Physical Review Letters | 2010
Jaeyoon Cho; M. S. Kim
We consider a system weakly interacting with a bath as a thermodynamic setting to establish a quantum foundation of statistical physics. It is shown that even if the composite system is initially in an arbitrary nonequilibrium pure quantum state, the unitary dynamics of a generic weak interaction almost always drives the subsystem into the canonical ensemble, in the usual sense of typicality. A crucial step is taken by assuming that the matrix elements of the interaction Hamiltonian have random phases, while their amplitudes are left unrestricted.
Optics Express | 2012
Sang Min Lee; Hee Su Park; Jaeyoon Cho; Yoonshik Kang; Jae Yong Lee; Heonoh Kim; Dong-Hoon Lee; Sang-Kyung Choi
We propose and demonstrate the scaling up of photonic graph states through path qubit fusion. Two path qubits from separate two-photon four-qubit states are fused to generate a two-dimensional seven-qubit graph state composed of polarization and path qubits. Genuine seven-qubit entanglement is verified by evaluating the witness operator. Six qubits from the graph state are used to demonstrate the Deutsch-Jozsa algorithm for general two-bit functions with a success probability greater than 90%.
Physical Review A | 2004
Jaeyoon Cho; Hai-Woong Lee
We propose a scheme to implement the quantum teleportation protocol with single atoms trapped in cavities. The scheme is based on the adiabatic passage and the polarization measurement. We show that it is possible to teleport the internal state of an atom trapped in a cavity to an atom trapped in another cavity with the success probability of 1/2 and the fidelity of 1. The scheme is resistant to a number of considerable imperfections such as the violation of the Lamb-Dicke condition, weak atom-cavity coupling, spontaneous emission, and detection inefficiency.
Optics Express | 2007
Hee Su Park; Jaeyoon Cho; Jae Yong Lee; Dong-Hoon Lee; Sang-Kyung Choi
We propose and experimentally demonstrate a two-photon four-qubit cluster state generator using linear optics and a single polarization-entangled photon-pair source based on spontaneous parametric down-conversion (SPDC). Our novel scheme provides greater design flexibility compared to previous schemes that rely on hyperentanglement.

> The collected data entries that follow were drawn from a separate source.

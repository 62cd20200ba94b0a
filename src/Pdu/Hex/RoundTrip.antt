-- ===== src/Pdu/Hex/RoundTrip.antt =====
-- Reading the hexadecimal text of a PDU gives its bytes.
use esp32c3_sms_gateway.Prelude.{
  ℕ, zero, suc, ◌/◌, ◌%◌, ◌≤◌, ◌<◌, ◌≡◌, refl, ◌⊎◌, arith, none, some, List, [], ◌∷◌, ◌++◌, length,
  All,
}
use esp32c3_sms_gateway.Prelude.Bits.{shl-bit_or}
use esp32c3_sms_gateway.Prelude.HexText.{hex_digit, hex_text, IsByte}
use esp32c3_sms_gateway.Pdu.Hex.{
  hex_char_to_int, hex_byte, hex_pairs, skip_blanks, hex_string_to_bytes,
}

pub hex_char_to_int-hex_digit : (n : ℕ) → n < 16 → hex_char_to_int (hex_digit n) ≡ some n
unfolding hex_char_to_int hex_digit
hex_char_to_int-hex_digit n h = ground arith

hex_byte_halves : (b : ℕ) → b < 256 → hex_byte (b / 16) (b % 16) ≡ b
unfolding hex_byte
hex_byte_halves b h = omega (arith, shl-bit_or 4 (b / 16) (b % 16) (omega arith))

-- The conversion stops in front of such a text: its first pair is not two digits.
abbrev pub EndsHex : List ℕ → Type 0
EndsHex [] = Unit
EndsHex (x ∷ []) = Unit
EndsHex (x ∷ y ∷ s) = (hex_char_to_int x ≡ none) ⊎ (hex_char_to_int y ≡ none)

hex_pairs_end : (left : ℕ) (s : List ℕ) → EndsHex s → hex_pairs left s ≡ []
unfolding hex_pairs
hex_pairs_end zero s h = refl
hex_pairs_end (suc left) [] h = refl
hex_pairs_end (suc left) (x ∷ []) h = refl
hex_pairs_end (suc left) (x ∷ y ∷ s) h = ground arith

hex_pairs-hex_text :
    (left : ℕ) (bs s : List ℕ)
    → length bs ≤ left
    → All IsByte bs
    → EndsHex s
    → hex_pairs left (hex_text bs ++ s) ≡ bs
unfolding hex_text hex_pairs
hex_pairs-hex_text left [] s h k e = hex_pairs_end left s e
hex_pairs-hex_text zero (b ∷ bs) s h k e = absurd (omega arith)
hex_pairs-hex_text (suc left) (b ∷ bs) s h k e =
    unfold hex_pairs in
    ground (
      arith,
      hex_char_to_int-hex_digit (b / 16),
      hex_char_to_int-hex_digit (b % 16),
      hex_byte_halves b,
      hex_pairs-hex_text left bs s,
    )

abbrev pub IsBlank : ℕ → Type 0
IsBlank c = (c ≡ b' ') ⊎ ((c ≡ 13) ⊎ (c ≡ 10))

skip_blanks-append :
    (blanks s : List ℕ) → All IsBlank blanks → skip_blanks (blanks ++ s) ≡ skip_blanks s
unfolding skip_blanks
skip_blanks-append [] s h = refl
skip_blanks-append (c ∷ cs) s h = ground (arith, skip_blanks-append cs s)

skip_blanks-hex_text :
    (b : ℕ) (bs s : List ℕ) → skip_blanks (hex_text (b ∷ bs) ++ s) ≡ hex_text (b ∷ bs) ++ s
unfolding skip_blanks hex_text
skip_blanks-hex_text b bs s = ground arith

-- The hexadecimal text of 1 to `max_len` bytes is read back as those bytes, whatever blanks stand
-- in front of it, and whatever text follows whose first pair is not two hexadecimal digits.
pub hex_string_to_bytes-hex_text :
    (max_len : ℕ) (blanks : List ℕ) (b : ℕ) (bs s : List ℕ)
    → length (b ∷ bs) ≤ max_len
    → All IsByte (b ∷ bs)
    → All IsBlank blanks
    → EndsHex s
    → hex_string_to_bytes (blanks ++ (hex_text (b ∷ bs) ++ s)) max_len ≡ b ∷ bs
unfolding hex_string_to_bytes
hex_string_to_bytes-hex_text max_len blanks b bs s h k bl e =
    rw (skip_blanks-append blanks _ bl, skip_blanks-hex_text b bs s)
      (hex_pairs-hex_text max_len (b ∷ bs) s h k e)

Physical Review Letters | 2014
Jaeyoon Cho
We consider general locally interacting arbitrary-dimensional lattice spin systems that are gapped for any system size. We show under reasonable conditions that nondegenerate ground states of such systems obey the entanglement area law. In so doing, we offer an intuitive picture on how a spectral gap restricts the correlations that a ground state can accommodate and leads to such a special feature.